= Godlia kino meeting controversy =

1995 political controversy in Norway

On 2 September 1995, just before the electoral campaign for the 1995 Norwegian local elections, a meeting was held by the Norwegian Association (Den Norske Forening) that would turn controversial. The meeting was attended by many nationalist and far-right organisations, but caused controversy because the profiled Progress Party Member of Parliament Øystein Hedstrøm was revealed to have been present and held a speech at the meeting.

==Events==
On 3 September 1995, the newspaper Dagbladet published photos of Hedstrøm holding a speech about immigration at an allegedly secret meeting at the movie theatre Godlia kino in Oslo. The journalists who had investigated the meeting were Arne O. Holm, Cato Vogt-Kielland and Thor Gjermund Eriksen. The meeting, which went under the name "Year of the grasshoppers" (Gresshoppenes år), was attended by 24 persons, including Bastian Heide, Jack Erik Kjuus, Bjarne Dahl, Erik Gjems-Onstad and Hege Søfteland. The initiator to the meeting was the nationalist organisation the Norwegian Association, which was led by Torfinn Hellandsvik.

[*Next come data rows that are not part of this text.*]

-- ===== src/Queue/Promotion.antt =====
-- `promote` moves a thread's background waiters to the end of the user tier, and is stable.
use assist.Queue.Defs.{Waiter, Queue}
use assist.Queue.Control.{promote, of_thread, is_empty}
use assist.Queue.Control
use assist.Queue.Order.{order}
use assist.Base.{
  ℕ, String, Bool, true, not, ◌≡◌, refl, List, [], ◌∷◌, ◌++◌, map, inl, inr, keep, keep-append,
  Bool-cases, append-nil, map-append, arith, sym,
}

-- The identities of the waiters, in order.
abbrev pub ids : List Waiter → List ℕ
ids = map (λ w. w.id)

keep-map-prefer :
    (tid : String) (ws : List Waiter)
    → keep (λ w. not (of_thread tid w)) (map Control.prefer (keep (of_thread tid) ws)) ≡ []
keep-map-prefer tid [] = refl
keep-map-prefer tid (w ∷ ws) = ground (arith, keep-map-prefer tid ws)

keep_twice : (p : Waiter → Bool) (ws : List Waiter) → keep p (keep p ws) ≡ keep p ws
keep_twice p [] = refl
keep_twice p (w ∷ ws) = ground (arith, keep_twice p ws)

keep_none : (p : Waiter → Bool) (ws : List Waiter) → keep p (keep (λ w. not (p w)) ws) ≡ []
keep_none p [] = refl
keep_none p (w ∷ ws) = ground (arith, keep_none p ws)

keep_all_prefer :
    (tid : String) (ws : List Waiter)
    → ids (keep (of_thread tid) (map Control.prefer (keep (of_thread tid) ws)))
      ≡ ids (keep (of_thread tid) ws)
keep_all_prefer tid [] = refl
keep_all_prefer tid (w ∷ ws) = ground (arith, keep_all_prefer tid ws)

empty_of_test : (ws : List Waiter) → is_empty ws ≡ true → ws ≡ []
empty_of_test [] e = refl
empty_of_test (w ∷ ws) e = cc

keep_rest : (p : Waiter → Bool) (ws : List Waiter) → keep p ws ≡ [] → keep (λ w. not (p w)) ws ≡ ws
keep_rest p [] e = refl
keep_rest p (w ∷ ws) e = ground (arith, keep_rest p ws)

-- After the two tiers of `promote`, whether or not there was anything to promote.
record Moved (tid : String) (q r : Queue) : Type 0 where
  user :
      r.user_waiters
      ≡ q.user_waiters ++ map Control.prefer (keep (of_thread tid) q.background_waiters)
  background : r.background_waiters ≡ keep (λ w. not (of_thread tid w)) q.background_waiters
  same_holder : r.holder ≡ q.holder

promote-Moved : (tid : String) (q : Queue) → Moved tid q (promote tid q)
unfolding promote
promote-Moved tid q = elim (Bool-cases (is_empty (keep (of_thread tid) q.background_waiters))) [
  | inr e ↦ rw e (record { user = refl; background = refl; same_holder = refl })
  | inl e ↦
      let none_there = empty_of_test _ e in
      rw e (record {
        user = rw (none_there, append-nil);
        background = sym (keep_rest (of_thread tid) q.background_waiters none_there);
        same_holder = refl;
      })
]

-- Promotion leaves the holder and the order of the other threads' waiters alone, keeps the promoted
-- thread's waiters in their own order, puts every one of them in the user tier, and puts none
-- before a user waiter that was there.
pub promote_stable :
    (tid : String) (q : Queue)
    → let q' = promote tid q in
      (q'.holder ≡ q.holder)
      × (keep (λ w. not (of_thread tid w)) (order q') ≡ keep (λ w. not (of_thread tid w)) (order q))
      × (ids (keep (of_thread tid) (order q')) ≡ ids (keep (of_thread tid) (order q)))
      × (keep (of_thread tid) q'.background_waiters ≡ [])
      × ((ws : List Waiter) × (q'.user_waiters ≡ q.user_waiters ++ ws))
promote_stable tid q =
    let m = promote-Moved tid q in
    (
      m.same_holder,
      simp (m.user, m.background, keep-append, keep-map-prefer, append-nil, keep_twice),
      simp (m.user, m.background, keep-append, keep_none, append-nil, map-append, keep_all_prefer),
      rw m.background (keep_none (of_thread tid) q.background_waiters),
      (_, m.user),
    )
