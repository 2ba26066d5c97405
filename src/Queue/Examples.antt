-- ===== src/Queue/Examples.antt =====
-- Runs of the queue on concrete callers, and the theorems about it at concrete inputs.
use assist.Queue.Defs.{Handle, Waiter, Queue, holds}
use assist.Queue.Acquire.{
  new_handle, Request, entered, parked, callback_raised, acquire_start, acquire_wake, acquire_exit,
  park, wait_turn, wait_timeout, take_slot, reentrant_holder, busy,
}
use assist.Queue.Control.{promote, peek_holder, of_thread}
use assist.Queue.WellFormed.{WellFormed, acquire_start-WellFormed, acquire_exit-WellFormed}
use assist.Queue.Invariant.{Reach-WellFormed}
use assist.Queue.System.{System, Reach, here, next, start, after, advance, tick}
use assist.Queue.SingleFlight.{single_flight}
use assist.Queue.Tick.{on_tick}
use assist.Queue.Revocation.{late_exit_harmless}
use assist.Queue.Order.{order, first_waiter_enters}
use assist.Queue.Promotion.{promote_stable, ids}
use assist.Queue.Budget.{cap_is_enforced, EndsAtCap, run_ticks}
use assist.Base.{
  ℕ, String, Bool, true, false, not, ◌≡◌, refl, none, some, List, [], ◌∷◌, ◌++◌, keep, arith,
  String-discrete, ◌≢◌,
}

abbrev nobody : Handle
nobody = record {
  thread_id = "";
  expired = false;
  acquired_at = 0;
  pause_requested = false;
  accumulated_active_ms = 0;
  quantum_ms = 0;
  hold_timeout_ms = 0;
  timer = none;
}

-- ThreadAffinityQueue(hold_timeout_s=7200, wait_timeout_s=14400, quantum_s=600)
abbrev fresh : Queue
fresh = record {
  holder = none;
  handles = λ _. nobody;
  next_handle = 0;
  user_waiters = [];
  background_waiters = [];
  next_id = 0;
  default_hold_timeout = 7200000;
  default_wait_timeout = 14400000;
  default_quantum = 600000;
  active_hold_ms = [];
}

fresh-WellFormed : WellFormed fresh
fresh-WellFormed = record {
  holder_made = λ h e. absurd (cc e);
  user_tier = tt;
  background_tier = tt;
  user_made = tt;
  background_made = tt;
  once = λ i. omega arith;
}

abbrev asks : String → Bool → Request
asks tid user = record {
  thread_id = tid;
  queued_raises = false;
  running_raises = false;
  wait_timeout = none;
  hold_timeout = none;
  quantum = none;
  accumulated = 0;
  user_priority = user;
}

-- "a" holds the slot; then it also has the waiters "b" and "c", in the background and the user tier.
abbrev one_holder : Queue
one_holder = (acquire_start (asks "a" false) none 1000 fresh).1

abbrev two_waiters : Queue
two_waiters =
    (acquire_start (asks "c" true) none 1002
      (acquire_start (asks "b" false) none 1001 one_holder).1).1

abbrev freed : Queue
freed = acquire_exit "a" 0 5000 two_waiters

user_before_background :
    (peek_holder two_waiters ≡ some "a") × (ids (order two_waiters) ≡ 1 ∷ 0 ∷ [])
unfolding acquire_start peek_holder take_slot park wait_turn reentrant_holder busy new_handle
    String-discrete
user_before_background = (refl, refl)

one_holder-WellFormed : WellFormed one_holder
one_holder-WellFormed = acquire_start-WellFormed (asks "a" false) none 1000 fresh-WellFormed

freed-WellFormed : WellFormed freed
freed-WellFormed = acquire_exit-WellFormed "a" 0 5000 (
    acquire_start-WellFormed (asks "c" true) none 1002
      (acquire_start-WellFormed (asks "b" false) none 1001 one_holder-WellFormed))

abbrev idle : System
idle = record { queue = fresh; running = λ _. false; now = 1000 }

abbrev busy_system : System
busy_system = after (acquire_start (asks "a" false) none 1000 fresh) idle

entry : Reach idle busy_system
entry = next here (start (asks "a" false) none)

single_flight_example : ◌≡◌ {A = ℕ} 0 0 × (busy_system.queue.holder ≡ some 0)
unfolding acquire_start take_slot reentrant_holder busy new_handle
single_flight_example = single_flight (refl, λ h. refl) entry 0 0 refl refl refl refl

Reach-WellFormed_example : WellFormed busy_system.queue
Reach-WellFormed_example = Reach-WellFormed fresh-WellFormed entry

abbrev waiter_c : Waiter
waiter_c = record { id = 1; thread_id = "c"; user_priority = true }

abbrev waiter_b : Waiter
waiter_b = record { id = 0; thread_id = "b"; user_priority = false }

first_waiter_enters_example :
    let o = acquire_wake (asks "c" true) 1 14401002 5001 freed in
    (o.0 ≡ entered 1) × (o.1.holder ≡ some 1) × (order o.1 ≡ waiter_b ∷ [])
unfolding acquire_start take_slot park wait_turn reentrant_holder busy new_handle acquire_exit
    String-discrete assist.Queue.Defs.release_if_holder
first_waiter_enters_example =
    first_waiter_enters (asks "c" true) 1 14401002 5001 freed waiter_c (waiter_b ∷ [])
      freed-WellFormed refl refl refl refl

promote_stable_example :
    let q' = promote "b" two_waiters in
    (q'.holder ≡ two_waiters.holder)
    × (keep (λ w. not (of_thread "b" w)) (order q')
        ≡ keep (λ w. not (of_thread "b" w)) (order two_waiters))
    × (ids (keep (of_thread "b") (order q')) ≡ ids (keep (of_thread "b") (order two_waiters)))
    × (keep (of_thread "b") q'.background_waiters ≡ [])
    × ((ws : List Waiter) × (q'.user_waiters ≡ two_waiters.user_waiters ++ ws))
promote_stable_example = promote_stable "b" two_waiters

-- The only thread runs on: after twelve ticks of ten minutes its cap ends the hold.
cap_is_enforced_example : EndsAtCap 0 1000 one_holder (run_ticks 7200001 0 1000 one_holder)
unfolding acquire_start take_slot reentrant_holder busy new_handle
cap_is_enforced_example = cap_is_enforced 7200001 0 1000 one_holder refl (omega arith) (omega arith)

abbrev failing : Request
failing = record (asks "a" false) { running_raises = true }

abbrev leaked : Queue
leaked = (acquire_start failing none 1000 fresh).1

-- The callback raised on "running": the slot is held with no tick armed, and the next caller waits.
leaked_slot :
    ((acquire_start failing none 1000 fresh).0 ≡ callback_raised)
    × (leaked.holder ≡ some 0)
    × ((leaked.handles 0).timer ≡ none)
    × ((acquire_start (asks "b" false) none 2000 leaked).0 ≡ parked 0 14402000)
unfolding acquire_start take_slot park wait_turn reentrant_holder busy new_handle String-discrete
leaked_slot = (refl, refl, refl, refl)

-- A caller that will not wait is told so at once, and leaves no trace.
abbrev hasty : Request
hasty = record (asks "b" true) { wait_timeout = some 0 }

hasty_refused : acquire_start hasty none 1001 one_holder ≡ (wait_timeout, one_holder)
unfolding acquire_start take_slot wait_turn reentrant_holder busy new_handle String-discrete
hasty_refused = refl

-- The tick ends the hold at the cap; the body of "a" still runs, and ends late.
abbrev capped : System
capped = record {
  queue = on_tick 0 7201000 one_holder;
  running = busy_system.running;
  now = 7201000;
}

capped-Reach : Reach idle capped
capped-Reach = next (next entry (advance 7200000)) (tick 0)

late_exit_harmless_example :
    let q' = acquire_exit "a" 0 7201000 capped.queue in
    (capped.queue.holder ≢ some 0)
    × ((q'.handles 0).timer ≡ none)
    × (q'.holder ≡ none)
    × (q'.user_waiters ≡ [])
    × (q'.background_waiters ≡ [])
    × (q'.active_hold_ms ≡ [])
    × (q'.handles 1 ≡ nobody)
unfolding acquire_start take_slot reentrant_holder busy new_handle on_tick
    assist.Queue.Defs.release_if_holder
late_exit_harmless_example =
    late_exit_harmless {s = idle} {t = capped} "a" 0 1 (refl, λ h. refl) capped-Reach refl
      (omega arith)
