-- ===== src/Records/Refinement.antt =====
-- The store refines a journal: a list of records for each thread.
use assist.Base.Dict
use assist.Base.Dict.{Dict, get-put, same_self, same→≡}
use assist.Runs.{is_segment}
use assist.Records.Store.{
  Keyed, Root, Failure, not_found, cap_exceeded, raised, Outcome, ok, failed, held, records_of,
  write, settled, at_cap, add, changed, saved, update, remove,
}
use assist.Base.{
  ℕ, String, Bool, not, ◌≡◌, refl, sym, ap, ◌∙◌, subst, Option, none, some, List, [], ◌∷◌, ◌++◌,
  same, keep, length, ◌==◌, if◌then◌else◌, if_true, if_false, inl, inr, Bool-cases, arith,
}

module _ {T : Type 0} (k : Keyed T) where
  pub data Call : Type 0 where
    append : T → Call
    change : String → String → (T → Option T) → Call
    drop_all : String → String → Call

  -- The store's answer to a call, forgetting what it returns: what it fails with, if it does.
  abbrev pub error_of {ℓ} : {A : Type ℓ} → Outcome A → Option Failure
  error_of (ok a) = none
  error_of (failed e) = some e

  -- A call on the store whose limit is `limit`: what it fails with, if it does, and the files after it.
  unfoldable pub perform : ℕ → Bool → Call → Root T → Option Failure × Root T
  perform limit writes (append rec) root =
      let o = add k limit writes rec root in (error_of o.0, o.1)
  perform limit writes (change tid rid fn) root =
      let o = update k writes tid rid fn root in (error_of o.0, o.1)
  perform limit writes (drop_all tid rid) root =
      let o = remove k writes tid rid root in (error_of o.0, o.1)

  -- The journal: each thread's records.
  abbrev pub Journal : Type 0
  Journal = String → List T

  abbrev pub at : String → List T → Journal → Journal
  at tid rs j t = if same tid t then rs else j t

  -- The first record with the id, replaced by what the function makes of it.
  abbrev pub replace_first : String → (T → Option T) → List T → List T
  replace_first rid fn [] = []
  replace_first rid fn (r ∷ rs) =
      let rest = replace_first rid fn rs in
      if same (k.id_of r) rid then elim (fn r) [ none ↦ r ∷ rs | some r' ↦ r' ∷ rs ] else r ∷ rest

  -- What a call that succeeds does to the journal.
  abbrev pub intended : Call → Journal → Journal
  intended (append rec) j = at (k.thread_of rec) (j (k.thread_of rec) ++ rec ∷ []) j
  intended (change tid rid fn) j = at tid (replace_first rid fn (j tid)) j
  intended (drop_all tid rid) j = at tid (keep (λ r. not (same (k.id_of r) rid)) (j tid)) j

  -- A call that fails changes no file; one that succeeds does to the journal what it says.
  abbrev pub Refines : Journal → Journal → Call → Option Failure → Type 0
  Refines before after c (some e) = (tid : String) → after tid ≡ before tid
  Refines before after c none = (tid : String) → after tid ≡ intended c before tid

  abbrev pub view : Root T → Journal
  view root tid = records_of k tid root

  -- What a method returned and left fulfils the call.
  abbrev pub Fulfils {ℓ} : {A : Type ℓ} → Root T → Call → Outcome A × Root T → Type 0
  Fulfils root c o = Refines (view root) (view o.1) c (error_of o.0)

  pub put-view :
      (tid : String) (rs : List T) (root : Root T) (t : String)
      → view (Dict.put tid (some rs) root) t ≡ at tid rs (view root) t
  put-view tid rs root t = ap (held k) (get-put tid t (some rs) root) ∙ ground arith

  pub write-some :
      (writes : Bool) (tid : String) (rs : List T) (root root' : Root T)
      → write k writes tid rs root ≡ some root'
      → root' ≡ Dict.put tid (some rs) root
  unfolding write
  write-some writes tid rs root root' e = ground (arith, e)

  settled-Fulfils {ℓ} :
      {A : Type ℓ} (a : A) (writes : Bool) (tid : String) (rs : List T) (root : Root T) (c : Call)
      → ((t : String) → at tid rs (view root) t ≡ intended c (view root) t)
      → Fulfils root c (settled k a root (write k writes tid rs root))
  settled-Fulfils a writes tid rs root c h = by_write (write k writes tid rs root) refl
    where
      by_write :
          (w : Option (Root T))
          → write k writes tid rs root ≡ w
          → Fulfils root c (settled k a root w)
      by_write none e = λ t. refl
      by_write (some root') e = λ t.
          ap (λ r. view r t) (write-some writes tid rs root root' e) ∙ put-view tid rs root t ∙ h t

  -- What `changed` gives is the list with the first match replaced.
  changed-replace :
      (rid : String) (fn : T → Option T) (rs : List T) (p : T × List T)
      → changed k rid fn rs ≡ ok p
      → p.1 ≡ replace_first rid fn rs
  changed-replace rid fn [] p e = absurd (cc e)
  changed-replace rid fn (r ∷ rs) p e =
      by_rest (changed k rid fn rs) refl (changed-replace rid fn rs) e
    where
      by_rest :
          (o : Outcome (T × List T))
          → changed k rid fn rs ≡ o
          → ((q : T × List T) → changed k rid fn rs ≡ ok q → q.1 ≡ replace_first rid fn rs)
          → (if same (k.id_of r) rid
              then elim (fn r) [ none ↦ failed raised | some r' ↦ ok (r', r' ∷ rs) ]
              else elim o [ ok p ↦ ok (p.0, r ∷ p.1) | failed e ↦ failed e ])
            ≡ ok p
          → p.1 ≡ replace_first rid fn (r ∷ rs)
      by_rest (failed x) f ih g = ground (arith, g)
      by_rest (ok q) f ih g = ground (arith, g, ih q f)

  refused {ℓ} :
      (A : Type ℓ) (root : Root T) (c : Call) (e : Failure)
      → Fulfils {A = A} root c (failed e, root)
  refused A root c e = λ t. refl

  -- The store refines the journal: whatever a call is and whatever writes fail, a call that fails
  -- changes no thread's records, and one that succeeds changes those of its own thread as it says.
  pub perform-Refines :
      (limit : ℕ) (writes : Bool) (c : Call) (root : Root T)
      → Refines (view root) (view (perform limit writes c root).1) c (perform limit writes c root).0
  unfolding perform add update remove
  perform-Refines limit writes (append rec) root =
      elim (Bool-cases (is_segment (k.thread_of rec))) [
        | inr s ↦ subst F (sym (if_true _ _ (ap not s))) (refused T root (append rec) not_found)
        | inl s ↦
            subst F (sym (if_false _ _ (ap not s)))
              (elim (Bool-cases (at_cap k limit (records_of k (k.thread_of rec) root))) [
                | inl f ↦ subst F (sym (if_true _ _ f)) (refused T root (append rec) cap_exceeded)
                | inr f ↦
                    subst F (sym (if_false _ _ f))
                      (settled-Fulfils rec writes (k.thread_of rec) _ root (append rec) (λ t. refl))
              ])
      ]
    where
      F : Outcome T × Root T → Type 0
      F = Fulfils root (append rec)
  perform-Refines limit writes (change tid rid fn) root = elim (Bool-cases (is_segment tid)) [
    | inr s ↦ subst F (sym (if_true _ _ (ap not s))) (refused T root (change tid rid fn) not_found)
    | inl s ↦
        subst F (sym (if_false _ _ (ap not s)))
          (done (changed k rid fn (records_of k tid root)) refl)
  ]
    where
      F : Outcome T × Root T → Type 0
      F = Fulfils root (change tid rid fn)

      done :
          (o : Outcome (T × List T))
          → changed k rid fn (records_of k tid root) ≡ o
          → F (saved k writes tid root o)
      done (failed e) p = λ t. refl
      done (ok (r, rs)) p =
          settled-Fulfils r writes tid rs root (change tid rid fn)
            (λ t. ap (λ l. at tid l (view root) t) (changed-replace rid fn _ (r, rs) p))
  perform-Refines limit writes (drop_all tid rid) root = elim (Bool-cases (is_segment tid)) [
    | inr s ↦
        subst F (sym (if_true _ _ (ap not s)))
          (refused (Unit {0}) root (drop_all tid rid) not_found)
    | inl s ↦
        subst F (sym (if_false _ _ (ap not s)))
          (elim (Bool-cases (length kept == length (records_of k tid root))) [
            | inl f ↦
                subst F (sym (if_true _ _ f)) (refused (Unit {0}) root (drop_all tid rid) not_found)
            | inr f ↦
                subst F (sym (if_false _ _ f))
                  (settled-Fulfils tt writes tid _ root (drop_all tid rid) (λ t. refl))
          ])
  ]
    where
      kept : List T
      kept = keep (λ r. not (same (k.id_of r) rid)) (records_of k tid root)

      F : Outcome {0} Unit × Root T → Type 0
      F = Fulfils root (drop_all tid rid)
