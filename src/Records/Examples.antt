-- ===== src/Records/Examples.antt =====
-- A store of notes, and its refinement theorem at a call.
use assist.Records.Store.{Keyed, Root}
use assist.Records.Refinement.{change, Refines, view, perform, Call, perform-Refines}
use assist.Base.{String, true, none, some, [], ◌∷◌}

record Note : Type 0 where
  id : String
  thread : String
  text : String

abbrev notes : Keyed Note
notes = record { id_of = λ n. n.id; thread_of = λ n. n.thread }

abbrev note : String → String → Note
note id text = record { id = id; thread = "t1"; text = text }

abbrev disk : Root Note
disk = ("t0", none) ∷ ("t1", some (note "a" "buy seeds" ∷ note "b" "dig" ∷ [])) ∷ []

abbrev rewording : Call notes
rewording = change "t1" "b" (λ n. some (record n { text = "dig deep" }))

perform-Refines_example :
    Refines notes
      (view notes disk)
      (view notes (perform notes 5 true rewording disk).1)
      rewording
      (perform notes 5 true rewording disk).0
perform-Refines_example = perform-Refines notes 5 true rewording disk
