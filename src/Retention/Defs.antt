-- ===== src/Retention/Defs.antt =====
-- The checkpoint database, and `_delete_thread_in_batches` with what each of its commits leaves. Of
-- the rows that a batch's subquery may choose, SQLite is taken to choose the first.
use assist.Base.{
  ℕ, zero, suc, String, Option, none, some, List, [], ◌∷◌, ◌++◌, same, ltb, if◌then◌else◌,
}

pub record Row : Type 0 where
  pub thread_id : String
  pub content : String

pub record Database : Type 0 where
  pub writes : List Row
  pub checkpoints : List Row

-- _DELETE_BATCH
abbrev pub delete_batch : ℕ
delete_batch = 2000

-- The DELETE: how many rows it takes, and the table after it.
unfoldable pub delete_some : String → ℕ → List Row → ℕ × List Row
delete_some tid zero rows = (0, rows)
delete_some tid (suc n) [] = (0, [])
delete_some tid (suc n) (r ∷ rows) =
    let taken = delete_some tid n rows in
    let left = delete_some tid (suc n) rows in
    if same r.thread_id tid then (suc taken.0, taken.1) else (left.0, r ∷ left.1)

abbrev pub then_state : List Row → Option (List (List Row)) → Option (List (List Row))
then_state rows none = none
then_state rows (some states) = some (rows ∷ states)

-- The loop on one table: the table after each commit, or none if the fuel gives out.
unfoldable pub clear_table : ℕ → ℕ → String → List Row → Option (List (List Row))
unfolding delete_some
clear_table zero batch tid rows = none
clear_table (suc fuel) batch tid rows =
    let o = delete_some tid batch rows in
    let rest = clear_table fuel batch tid o.1 in
    if ltb o.0 batch then some (o.1 ∷ []) else then_state o.1 rest

-- The last of the tables, if there is one.
abbrev pub last_state : List Row → List (List Row) → List Row
last_state rows [] = rows
last_state rows (s ∷ states) = last_state s states

abbrev pub with_writes : Database → List (List Row) → List Database
with_writes db [] = []
with_writes db (rows ∷ states) = record db { writes = rows } ∷ with_writes db states

abbrev pub with_checkpoints : Database → List (List Row) → List Database
with_checkpoints db [] = []
with_checkpoints db (rows ∷ states) = record db { checkpoints = rows } ∷ with_checkpoints db states

abbrev pub in_order :
    Database → Option (List (List Row)) → Option (List (List Row)) → Option (List Database)
in_order db (some ws) (some cs) =
    some (with_writes db ws ++ with_checkpoints (record db { writes = last_state db.writes ws }) cs)
in_order db none cs = none
in_order db (some ws) none = none

-- _delete_thread_in_batches: the database after each commit
unfoldable pub delete_thread_in_batches : ℕ → ℕ → String → Database → Option (List Database)
unfolding clear_table
delete_thread_in_batches fuel batch tid db =
    in_order db (clear_table fuel batch tid db.writes) (clear_table fuel batch tid db.checkpoints)
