-- ===== src/Retention.antt =====
-- assist/retention.py: the oldest threads are deleted, and the rows of a thread go in batches.
mod Defs
mod Prune
pub mod Batches
pub mod Ranking
pub mod Recent
mod Examples
unfoldable pub use Defs.*
unfoldable pub use Prune.*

The newspaper bulletin created shockwaves into the political community. The Progress Party chairman, Carl I. Hagen, had not known that Hedstrøm had participated at the meeting. Hagen immediately quieted Hedstrøm, and distanced himself from the Norwegian Association. Hedstrøm was also stripped of his position as Spokesperson of Immigration Issues. Hagen stated that "Hedstrøm has made a big mistake", and Hedstrøm withdrew from the public scene.

After a few days, Hagen changed his opinion and stated that Hedstrøm had done nothing else than attending the meeting as a private person. It also reached surface that other politicians from the Progress Party, such as Deputy Chairman Vidar Kleppe, and Member of Parliament Fridtjof Frank Gundersen had also attended meetings hosted by the Norwegian Association. According to the newspaper Aftenposten, Hedstrøm had also had long-term contact with organisations such as the Fatherland Party and Stop Immigration. It also became known that the leader of the Norwegian Association, Torfinn Hellandsvik, had been the premise supplier for a parliamentary document about immigration that Hedstrøm had prepared.

The attention around this case, together with focus on immigration, resulted in a markedly increased support for the Progress Party in the 1995 local elections.